La distribution réunit des actrices et acteurs français (Irène Jacob et Micha Lescot) et des acteurs israéliens chacun jouant plusieurs rôles souvent en plusieurs langues (Bahira Ablassi, Pini Mittelman, Menashe Noy) à l’exception des deux tailleurs de pierre palestiniens s’exprimant uniquement en arabe (Minas Qarawany et Atallah Tannous). Par exemple, l’excellente Bahira Ablassi interprète cinq rôles dont la femme du couple Touboul (juifs venus d’Algérie) et deux personnes palestiniennes de la famille Dajani. Ou le non moins excellent Menashe Noy qui interprète quatre rôles dont le mari du couple Touboul, l’entrepreneur de la maison et Mahmoud Dajani dont la famille habitait la maison de la rue Dor Dor Ve Dorshav avant 48 et, craignant d’être tuée, s’en alla vivre à Amman en Jordanie comme beaucoup de Palestiniens. Bref un spectacle à la fois riche et complexe jusqu’à la confusion.

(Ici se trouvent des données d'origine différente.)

-- ===== src/Tests/GameTests.antt =====
-- Instances of the theorems about the games that share roms.
use mathlib.Core.Path.{subst}
use advancescan.Base.{
  Bool, Bytes, List, [], arith, false, if◌then◌else◌, none, refl, some, sym, true, ℕ, ◌<◌, ◌↔◌, ◌∷◌,
  ◌≡◌,
}
use advancescan.Gamearchive.{find_listed, reduce_game}
use advancescan.Gamearchive.Adjust.{AreLinked, adjust_all-AreLinked}
use advancescan.Gamearchive.Clones.{
  IsClone, find_working_clones-IsClone, find_working_clones-returns,
}
use advancescan.Gamearchive.Marks.{SameGames, game_working_subset_compute-find_working_clones}
use advancescan.Gamearchive.Reduce.{AreMutual, Falls, reduce_game-AreMutual, reduce_game-ends}
use advancescan.Gamearchive.Relations.{
  adjust_all, clones_of, find_working_clones, game_working_subset_compute,
}
use advancescan.Gamearchive.Sons.{IsIn}
use advancescan.Gameinfo.{Listed, new_listed}
use advancescan.Gamexml.Found.{bytes_eq-same}
use advancescan.Zip.Archive.{bytes_eq}
use advancescan.Zip.Archive.RoundTrip.{bytes_eq_refl}

abbrev one_game : Bytes → Bytes → Listed
one_game name romof = record (new_listed false) { name = name; romof = romof }

abbrev game_p : Listed
game_p = one_game (b'p' ∷ []) (b'q' ∷ [])

abbrev game_q : Listed
game_q = one_game (b'q' ∷ []) (b'p' ∷ [])

abbrev game_i : Listed
game_i = one_game (b'i' ∷ []) (b'p' ∷ [])

abbrev mutual_games : List Listed
mutual_games = game_i ∷ game_p ∷ game_q ∷ []

mutual_games-AreMutual : AreMutual (λ j. j.romof) mutual_games (b'i' ∷ []) game_p game_q
unfolding find_listed bytes_eq
mutual_games-AreMutual = record {
  a_found = refl;
  b_found = refl;
  a_of = refl;
  b_of = refl;
  a_named = λ n. cc n;
  b_named = λ n. cc n;
  a_not_me = refl;
  b_not_me = refl;
  a_not_b = refl;
  b_not_a = refl;
}

reduce_game-AreMutual_example : reduce_game 1000 mutual_games game_i ≡ none
reduce_game-AreMutual_example =
    reduce_game-AreMutual mutual_games game_i game_p game_q 1000 mutual_games-AreMutual refl

-- a game that has its own samples, and a game that shares its roms and samples
abbrev game_o : Listed
game_o = record (one_game (b'p' ∷ []) []) { sampleof = b'p' ∷ [] }

abbrev game_n : Listed
game_n = record game_i { sampleof = b'p' ∷ [] }

abbrev rank : Bytes → ℕ
rank n = if bytes_eq (b'p' ∷ []) n then 1 else 0

own_samples : bytes_eq game_o.sampleof game_o.name ≡ true
unfolding bytes_eq
own_samples = refl

rom_rank-Falls : Falls (λ j. j.romof) (game_n ∷ game_o ∷ []) (b'i' ∷ []) rank
unfolding find_listed bytes_eq
rom_rank-Falls c j f = go (bytes_eq (b'i' ∷ []) c) (bytes_eq (b'p' ∷ []) c) refl refl f
  where
    go :
        (x y : Bool)
        → bytes_eq (b'i' ∷ []) c ≡ x
        → bytes_eq (b'p' ∷ []) c ≡ y
        → (if x then some game_n else if y then some game_o else none) ≡ some j
        → bytes_eq c (b'i' ∷ []) ≡ false
        → bytes_eq j.romof j.name ≡ false
        → rank j.romof < rank c
    go true y p q e m o = absurd (cc (bytes_eq-same (b'i' ∷ []) c p, bytes_eq_refl c, m))
    go false true p q e m o =
        let k : game_o ≡ j = cc e in subst (λ j. rank j.romof < rank c) k (rw q (omega arith))
    go false false p q e m o = absurd (cc e)

sample_rank-Falls : Falls (λ j. j.sampleof) (game_n ∷ game_o ∷ []) (b'i' ∷ []) rank
unfolding find_listed bytes_eq
sample_rank-Falls c j f = go (bytes_eq (b'i' ∷ []) c) (bytes_eq (b'p' ∷ []) c) refl f
  where
    go :
        (x y : Bool)
        → bytes_eq (b'i' ∷ []) c ≡ x
        → (if x then some game_n else if y then some game_o else none) ≡ some j
        → bytes_eq c (b'i' ∷ []) ≡ false
        → bytes_eq j.sampleof j.name ≡ false
        → rank j.sampleof < rank c
    go true y p e m o = absurd (cc (bytes_eq-same (b'i' ∷ []) c p, bytes_eq_refl c, m))
    go false true p e m o =
        let k : game_o ≡ j = cc e in
        absurd (cc (own_samples, subst (λ j. bytes_eq j.sampleof j.name ≡ false) (sym k) o))
    go false false p e m o = absurd (cc e)

reduce_game-ends_example : (r : Listed) × (reduce_game 2 (game_n ∷ game_o ∷ []) game_n ≡ some r)
unfolding bytes_eq
reduce_game-ends_example =
    reduce_game-ends (game_n ∷ game_o ∷ []) game_n rank rank 2 rom_rank-Falls sample_rank-Falls
      (omega arith) (omega arith)

adjust_all-AreLinked_example : AreLinked (adjust_all mutual_games) (adjust_all mutual_games)
adjust_all-AreLinked_example = adjust_all-AreLinked mutual_games

-- a game that does not work, with a clone that does
abbrev game_s : Listed
game_s = record (one_game (b's' ∷ []) []) { rom_son = (b'i' ∷ []) ∷ []; working = false }

clones-found : find_working_clones 2 (game_i ∷ game_s ∷ []) game_s ≡ some ((b'i' ∷ []) ∷ [])
unfolding find_working_clones clones_of find_listed bytes_eq
clones-found = refl

find_working_clones-IsClone_example :
    IsIn (b'i' ∷ []) ((b'i' ∷ []) ∷ []) ↔ IsClone (game_i ∷ game_s ∷ []) game_s (b'i' ∷ [])
find_working_clones-IsClone_example =
    find_working_clones-IsClone 2 (game_i ∷ game_s ∷ []) game_s ((b'i' ∷ []) ∷ []) (b'i' ∷ [])
      clones-found

abbrev sons_rank : List Bytes → ℕ
sons_rank [] = 0
sons_rank (n ∷ names) = 1

sons_rank-IsIn : (n : Bytes) (names : List Bytes) → IsIn n names → 0 < sons_rank names
sons_rank-IsIn n [] m = elim m [ ]
sons_rank-IsIn n (x ∷ names) m = omega arith

sons_rank-falls :
    (g j : Listed) (n : Bytes)
    → IsIn n g.rom_son
    → find_listed n (game_i ∷ []) ≡ some j
    → sons_rank j.rom_son < sons_rank g.rom_son
unfolding find_listed
sons_rank-falls g j n m f = go (bytes_eq (b'i' ∷ []) n) f
  where
    go :
        (x : Bool)
        → (if x then some game_i else none) ≡ some j
        → sons_rank j.rom_son < sons_rank g.rom_son
    go true e =
        let k : game_i ≡ j = cc e in
        subst (λ x. sons_rank x.rom_son < sons_rank g.rom_son) k (sons_rank-IsIn n g.rom_son m)
    go false e = absurd (cc e)

find_working_clones-returns_example :
    (r : List Bytes) × (find_working_clones 2 (game_i ∷ []) game_s ≡ some r)
find_working_clones-returns_example =
    find_working_clones-returns (game_i ∷ []) (λ g. sons_rank g.rom_son) sons_rank-falls 2 game_s
      (omega arith)

game_working_subset_compute-find_working_clones_example :
    (gs1 : List Listed) × (game_working_subset_compute 2 game_s (game_i ∷ game_s ∷ [])
      ≡ some (true, gs1))
    × SameGames gs1 (game_i ∷ game_s ∷ [])
game_working_subset_compute-find_working_clones_example =
    game_working_subset_compute-find_working_clones 2 (game_i ∷ game_s ∷ []) game_s
      ((b'i' ∷ []) ∷ []) clones-found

Comment dire ? Ou bien vous avez en mémoire les films et dès lors le spectacle apparaît comme un gros teaser scénique donnant envie de revoir la trilogie filmique. Ou bien vous ignorez tout des films et vous avez de bonnes chances de ne pas vous y retrouver entre les personnages et les différentes strates du temps mais cela vous donnera toutefois envie de voir les films. Le plus douloureux, ce qui disparaît pour ainsi dire sur la scène du théâtre de la Colline, c’est la maison. Et ce ne sont pas les tubulures peuplant la scène qui, en en donnant une vision par trop abstraite, peuvent l’évoquer malgré les éclairages subtils de Jean Kalman. La maison des trois films était une matière, quasi un être, elle devient une idée, une abstraction. Quant au travail des ouvriers palestiniens, bien réel dans le film, il est ici réduit à un consternant faux semblant.
Mieux vaut aller voir ou revoir les films. Ça tombe bien des projections sont organisées avec un jour la présence d’Amos Gitai. Comme il l’avait fait lors de ses leçons Collège de France il y a quelques saisons, Amos Gitaï parle admirablement de ses films et de son pays.
House, Théâtre de la Colline, mar 19h30, du mer au sam 20h30, dim 15h30, jusqu’au 13 avril.
Projections des trois films de la trilogie aux centre Pompidou entre le 25 et le 27 mars (en présence ce jour là d’Amos Gitaï) et au MK2 Beaubourg le Ier avril. Enfin, au MK2 Gambetta, dialogue entre Amos Gitaï et Wajdi Mouawad le 21 mars à 20h et master Class d’Amos Gitaï le 28 mars à 20h.